Macbook Pro/Air deployment without Thunderbolt display

Contributor II

Our organization is trying to find more cost effective way of deploying Macbook setup without becoming an hassle.

Currently, all Macbook Pro/Air users get Thunderbolt display at their desk to act as a docking station. This setup is always being compare to our PC (Dell) setup with the monitor(s) and the docking station.

1.) Cost: Thunderbolt cost a lot more than the traditional Dell monitor and Docking station. 2.) Convenience: The PC users only need to dock the laptop on the docking station. If we don't use the Thunderbolt display, it will require for the user to plug in more than 2 cables to the computer. (Power cable, Display Cable, Network Cable).

I would like to hear from other organization how they are deploying these? Most of the users at our company will get two monitor setup (Laptop Screen and 24/27" monitor or Two 24/27" monitors). Looked into one of these Thunderbolt docking station but it doesn't seem to support dual monitor setup through the dock.

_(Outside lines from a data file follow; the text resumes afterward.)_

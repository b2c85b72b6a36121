-- ===== src/Pmm/Fill/Laws.antt =====
-- What a fill has done to the bitmap.
use bare_metal_programming.Prelude.{
  ℕ, zero, suc, ◌+◌, ◌-◌, ◌*◌, ◌/◌, ◌^◌, ◌≤◌, ◌<◌, ◌≡◌, ◌⊎◌, inl, inr, refl, ◌∙◌, arith, cast,
  ◌>>>◌, ltb, leb, Bool-cases, length, length-set, get_or-set_self, get_or-set_ne, max,
}
use native.Mathlib.Nat.{one-le-pow}
use native.Mathlib.Numerals.{towards_suc}
use bare_metal_programming.Pmm.Geometry.{Bitmap, load_8, store_8}
use bare_metal_programming.Pmm.Sweep.Pointers.{Moves}
use bare_metal_programming.Pmm.Fill.{
  SetBits, all_zeros, all_ones, fill_value, store, set_loop, set_units, then_set,
}

abbrev pub byte_of : SetBits → ℕ
byte_of all_zeros = 0
byte_of all_ones = 0xFF

-- The bytes from `lo` up to `hi` are the fill byte; nothing else has changed.
pub record Filled (s : SetBits) (lo hi : ℕ) (b b' : Bitmap) : Type 0 where
  pub same_start : b'.start ≡ b.start
  pub same_limit : b'.limit ≡ b.limit
  pub same_hint : b'.search_begin ≡ b.search_begin
  pub same_length : length b'.cells ≡ length b.cells
  pub inside : (p : ℕ) → lo ≤ p → p < hi → load_8 b' p ≡ byte_of s
  pub outside : (p : ℕ) → b.start ≤ p → (p < lo) ⊎ (hi ≤ p) → load_8 b' p ≡ load_8 b p

pub Filled-none : (s : SetBits) (p : ℕ) (b : Bitmap) → Filled s p p b b
Filled-none s p b = record {
  same_start = refl;
  same_limit = refl;
  same_hint = refl;
  same_length = refl;
  inside = λ q h k. absurd (omega arith);
  outside = λ q h k. refl;
}

pub Filled-trans :
    (s : SetBits) (x y z : ℕ) (b b' b'' : Bitmap)
    → b.start ≤ x
    → x ≤ y
    → y ≤ z
    → Filled s x y b b'
    → Filled s y z b' b''
    → Filled s x z b b''
Filled-trans s x y z b b' b'' a h k f g = record {
  same_start = g.same_start ∙ f.same_start;
  same_limit = g.same_limit ∙ f.same_limit;
  same_hint = g.same_hint ∙ f.same_hint;
  same_length = g.same_length ∙ f.same_length;
  inside = λ p q r. elim (Bool-cases (ltb p y)) [
    | inl first ↦
        g.outside p (omega (arith, f.same_start)) (inl (ground arith)) ∙ f.inside p q (ground arith)
    | inr second ↦ g.inside p (ground arith) r
  ];
  outside = λ p q o.
      g.outside p (omega (arith, f.same_start)) (omega arith) ∙ f.outside p q (omega arith);
}

store_8-Filled :
    (s : SetBits) (b : Bitmap) (p : ℕ)
    → b.start ≤ p
    → p < b.start + length b.cells
    → Filled s p (p + 1) b (store_8 b p (byte_of s))
store_8-Filled s b p above below = record {
  same_start = refl;
  same_limit = refl;
  same_hint = refl;
  same_length = length-set b.cells (p - b.start) (byte_of s);
  inside = λ q h k.
      let same : q ≡ p = omega arith in
      rw same (get_or-set_self b.cells (p - b.start) (byte_of s) 0 (omega arith));
  outside = λ q h k. get_or-set_ne b.cells (p - b.start) (q - b.start) (byte_of s) 0 (omega arith);
}

-- The fill value is the fill byte, over and over.
fill_value-suc :
    (s : SetBits) (n : ℕ)
    → (cast 8 (fill_value s (suc n)) ≡ byte_of s) × (fill_value s (suc n) >>> 8 ≡ fill_value s n)
unfolding fill_value
fill_value-suc all_zeros n = (refl, refl)
fill_value-suc all_ones n =
    let index : 8 * suc n ≡ 8 * n + 8 = omega arith in
    let power : 2 ^ (8 * n + 8) ≡ 256 * 2 ^ (8 * n) = simp towards_suc (omega arith) in
    rw (index, power)
      (
        omega (arith, one-le-pow (8 * n) 2 (omega arith)),
        omega (arith, one-le-pow (8 * n) 2 (omega arith)),
      )

pub store-Filled :
    (s : SetBits) (n : ℕ) (b : Bitmap) (p : ℕ)
    → b.start ≤ p
    → p + n ≤ b.start + length b.cells
    → Filled s p (p + n) b (store n b p (fill_value s n))
unfolding store
store-Filled s zero b p above below =
    let same : p + 0 ≡ p = omega arith in rw same (Filled-none s p b)
store-Filled s (suc n) b p above below =
    rw ((fill_value-suc s n).0, (fill_value-suc s n).1)
      (let index : p + suc n ≡ p + 1 + n = omega arith in
        rw index (
          Filled-trans s p (p + 1) (p + 1 + n) b (store_8 b p (byte_of s)) _ above (omega arith)
            (omega arith) (store_8-Filled s b p above (omega arith))
            (store-Filled s n (store_8 b p (byte_of s)) (p + 1) (omega arith)
              (omega (arith, length-set b.cells (p - b.start) (byte_of s))))))

-- A fill in progress: the bytes from `lo` up to the cursor `p` are done.
pub record Filling (s : SetBits) (lo end_ : ℕ) (b : Bitmap) (p : ℕ) (r : Bitmap × ℕ) : Type 0 where
  pub at_p : r.1 ≡ p
  pub from_lo : lo ≤ p
  pub to_end : p ≤ end_
  pub filled : Filled s lo p b r.0

set_loop_stops :
    (s : SetBits) (n fuel : ℕ) (c : Bitmap) (current to : ℕ)
    → to ≤ current
    → set_loop s n fuel c current to ≡ (c, current)
unfolding set_loop
set_loop_stops s n zero c current to h = refl
set_loop_stops s n (suc fuel) c current to h = ground arith

module _ (s : SetBits) (lo end_ : ℕ) (b : Bitmap) (above : b.start ≤ lo)
    (below : end_ ≤ b.start + length b.cells) where
  set_loop_turn :
      (n fuel : ℕ) (c : Bitmap) (current to : ℕ)
      → current < to
      → set_loop s n (suc fuel) c current to
        ≡ set_loop s n fuel (store n c current (fill_value s n)) (current + n) to
  unfolding set_loop
  set_loop_turn n fuel c current to h = ground arith

  set_loop-Filling :
      (n k fuel : ℕ) (c : Bitmap) (current to : ℕ)
      → 0 < n
      → k ≤ fuel
      → to ≡ current + k * n
      → to ≤ end_
      → Filling s lo end_ b current (c, current)
      → Filling s lo end_ b to (set_loop s n fuel c current to)
  set_loop-Filling n zero fuel c current to pos h units within f =
      let there : to ≡ current = omega arith in
      rw (set_loop_stops s n fuel c current to (omega arith), there) f
  set_loop-Filling n (suc k) zero c current to pos h units within f = absurd (omega arith)
  set_loop-Filling n (suc k) (suc fuel) c current to pos h units within f =
      rw (set_loop_turn n fuel c current to (omega arith)) (
        set_loop-Filling n k fuel (store n c current (fill_value s n)) (current + n) to pos
          (omega arith) (omega arith) within
          (record {
            at_p = refl;
            from_lo = omega (arith, f.from_lo);
            to_end = omega arith;
            filled =
                Filled-trans s lo current (current + n) b c _ above f.from_lo (omega arith) f.filled
                  (store-Filled s n c current (omega (arith, f.from_lo, f.filled.same_start))
                    (omega (arith, f.filled.same_start, f.filled.same_length)));
          }))

  rounds : (k n : ℕ) → 0 < n → k ≤ k * n
  rounds k n h = grind arith

  -- A fill stage of whole units.
  pub set_units-Filling :
      (n p t : ℕ) (r : Bitmap × ℕ)
      → 0 < n
      → t ≤ end_
      → Moves n p t
      → Filling s lo end_ b p r
      → Filling s lo end_ b (max p t) (set_units s n r.0 r.1 t)
  unfolding set_units
  set_units-Filling n p t r pos within moves f = elim (Bool-cases (leb t p)) [
    | inl behind ↦
        let stays : max p t ≡ p = ground arith in
        rw (f.at_p, set_loop_stops s n (t - p) r.0 p t (ground arith), stays)
          (record { at_p = refl; from_lo = f.from_lo; to_end = f.to_end; filled = f.filled })
    | inr ahead ↦
        let goes : max p t ≡ t = ground arith in
        rw (f.at_p, goes)
          (set_loop-Filling n ((t - p) / n) (t - p) r.0 p t pos (rounds_below (ground arith))
            (whole (ground arith)) within
            (record { at_p = refl; from_lo = f.from_lo; to_end = f.to_end; filled = f.filled }))
  ]
    where
      whole : p < t → t ≡ p + (t - p) / n * n
      whole h = omega (arith, moves)

      rounds_below : p < t → (t - p) / n ≤ t - p
      rounds_below h = omega (arith, whole h, rounds ((t - p) / n) n pos)

  pub then_set-Filling :
      (n p t : ℕ) (r : Bitmap × ℕ) (to : ℕ → ℕ)
      → 0 < n
      → to p ≡ t
      → t ≤ end_
      → Moves n p t
      → Filling s lo end_ b p r
      → Filling s lo end_ b (max p t) (then_set s n r to)
  unfolding then_set
  then_set-Filling n p t r to pos is_t within moves f =
      let target : to r.1 ≡ t = rw f.at_p is_t in
      rw target (set_units-Filling n p t r pos within moves f)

Let me know how you are deploying Macbook Pro / Air to your organization. As a bias Apple fan, I would like our organization to embrace Apple products but I always get push back because of the cost.


Valued Contributor

Ouch, yes that's an awful lot of money. We buy Dell monitors. I like that their product line is extensive so there's plenty to choose from and they all look alike, for office appearance sake. They are easy to buy through resellers when you need a pallet of 60 or from Amazon when you need a quick replacement. A Dell P2414H 24" 1080p Dell monitor is around $200. I buy $10 Cable Matters DisplayPort to Mini-DisplayPort cables in 3" lengths (when I can) to make it look really clean.

For docks I would look at Landing Zone and/or Henge. Both support the docked-while-open use that PC users would expect. Henge seems to be better looking/solidly built but it's 2x or 3x the price of the Landing Zone. If you want a closed dock for the laptop to slide into and hide behind two external monitors, Henge has a dock like that. (Although many don't like the idea of using a laptop while closed)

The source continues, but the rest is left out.